Apple has moved towards supporting QR-code scanning: in iOS 11, you can use the camera app to automatically scan a QR code. However, this capability is still not known to most users, and it remains to be seen how it will be used for authentication (and whether Apple will provide any additional functionality to help in that direction). Facebook has followed the WeChat model and introduced QR codes as identifiers for Facebook Messenger users; these codes can be used to communicate directly with a business or a person. But their popularity is still fairly low. Until these big companies will find a way to make QR codes important to people so they will learn how to scan them quickly, it is unlikely that this method will become a viable solution to the problem of authentication.

As far as OTPs, Americans are arguably more concerned than Chinese about sharing their cell-phone numbers with third parties. While they may be willing to do so with companies that they trust (such as financial institutions or other big brands), it is unlikely that they will do it with random sites on the web. Telemarketing calls and spam may be one reason, but another one is that the cell-phone number has already become similar to the social-security number in its power to identify people and, as individuals may get more aware of its power, they will likely become even more reluctant to share it.

Conclusion

Ten years ago, we described single signon as the Loch Ness monster of the intranet world: People hear about it and even believe it exists, but they've yet to see it for real. China’s login solutions are not true single signon, because they still require users to authenticate with each individual site. However, they constitute a major leap forward in login usability, and maybe we can stretch the metaphor to characterize them as mountain gorillas in the mist: they definitely exist, and you can go see them. However, they aren’t usually spotted outside their native habitat.

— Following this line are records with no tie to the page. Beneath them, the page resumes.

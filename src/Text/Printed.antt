-- ===== src/Text/Printed.antt =====
-- The digits that printf writes, as a part of a text.
use libedio.Base.{
  ℕ, zero, suc, ◌+◌, ◌/◌, ◌%◌, ◌<◌, ◌≤◌, ◌≡◌, ◌≢◌, refl, arith, List, ◌∷◌, ◌++◌, ltb, inl, inr,
  Bool-cases,
}
use libedio.Text.{length}
use libedio.Text.Print.{hex_digit, hex_digits, hex_width, decimal_digits, decimal}
use libedio.Text.Laws.{Without}

pub hex_digits-append :
    (w n : ℕ) (xs ys : List ℕ) → hex_digits w n (xs ++ ys) ≡ hex_digits w n xs ++ ys
unfolding hex_digits
hex_digits-append zero n xs ys = refl
hex_digits-append (suc w) n xs ys = hex_digits-append w (n / 16) (hex_digit (n % 16) ∷ xs) ys

pub length-hex_digits : (w n : ℕ) (xs : List ℕ) → length (hex_digits w n xs) ≡ w + length xs
unfolding hex_digits
length-hex_digits zero n xs = omega arith
length-hex_digits (suc w) n xs =
    omega (arith, length-hex_digits w (n / 16) (hex_digit (n % 16) ∷ xs))

-- No control character is among the digits.
pub Without-hex_digits :
    (c w n : ℕ) (xs : List ℕ) → c < 32 → Without c xs → Without c (hex_digits w n xs)
unfolding hex_digits
Without-hex_digits c zero n xs h k = k
Without-hex_digits c (suc w) n xs h k =
    let d : ℕ = n % 16 in
    let other : hex_digit d ≢ c = ground arith in
    Without-hex_digits c w (n / 16) (hex_digit d ∷ xs) h (other, k)

pub hex_width-le : (n : ℕ) → hex_width n ≤ 8
hex_width-le n = ground arith

decimal_digits-append :
    (fuel n : ℕ) (xs ys : List ℕ)
    → decimal_digits fuel n (xs ++ ys) ≡ decimal_digits fuel n xs ++ ys
unfolding decimal_digits
decimal_digits-append zero n xs ys = refl
decimal_digits-append (suc fuel) n xs ys = elim (Bool-cases (ltb n 10)) [
  | inl small ↦ rw small refl
  | inr large ↦ rw large (decimal_digits-append fuel (n / 10) ((b'0' + n % 10) ∷ xs) ys)
]

pub decimal-append : (n : ℕ) (xs ys : List ℕ) → decimal n (xs ++ ys) ≡ decimal n xs ++ ys
unfolding decimal
decimal-append n xs ys = decimal_digits-append 10 n xs ys

length-decimal_digits :
    (fuel n : ℕ) (xs : List ℕ) → length (decimal_digits fuel n xs) ≤ fuel + length xs
unfolding decimal_digits
length-decimal_digits zero n xs = omega arith
length-decimal_digits (suc fuel) n xs = elim (Bool-cases (ltb n 10)) [
  | inl small ↦ rw small (omega arith)
  | inr large ↦ rw large (omega (arith, length-decimal_digits fuel (n / 10) ((b'0' + n % 10) ∷ xs)))
]

pub length-decimal : (n : ℕ) (xs : List ℕ) → length (decimal n xs) ≤ 10 + length xs
unfolding decimal
length-decimal n xs = length-decimal_digits 10 n xs

Without-decimal_digits :
    (c fuel n : ℕ) (xs : List ℕ) → c < 32 → Without c xs → Without c (decimal_digits fuel n xs)
unfolding decimal_digits
Without-decimal_digits c zero n xs h k = k
Without-decimal_digits c (suc fuel) n xs h k = elim (Bool-cases (ltb n 10)) [
  | inl small ↦ rw small (omega arith, k)
  | inr large ↦
      rw large (Without-decimal_digits c fuel (n / 10) ((b'0' + n % 10) ∷ xs) h (omega arith, k))
]

pub Without-decimal : (c n : ℕ) (xs : List ℕ) → c < 32 → Without c xs → Without c (decimal n xs)
unfolding decimal
Without-decimal c n xs h k = Without-decimal_digits c 10 n xs h k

In mobile-first societies such as China, a large majority of users have first accessed the Internet through their mobile phone. The mobile-phone primacy has had some important implications: the use of phone numbers (instead of emails) as identifiers and the importance of platforms like WeChat for communication, which pushed the use of QR code as a way to easily add contacts and form groups and subsequently made this technology pervasive and adopted in other areas of life — digital or not. In contrast, in desktop-first societies such as the US, the conventions that we inherited from the early days of the web (such as email-based identification) are difficult to circumvent, and we’re still waiting for the “killer app” with QR codes that will push them into the public attention and will finally allow us to take full advantage of their power.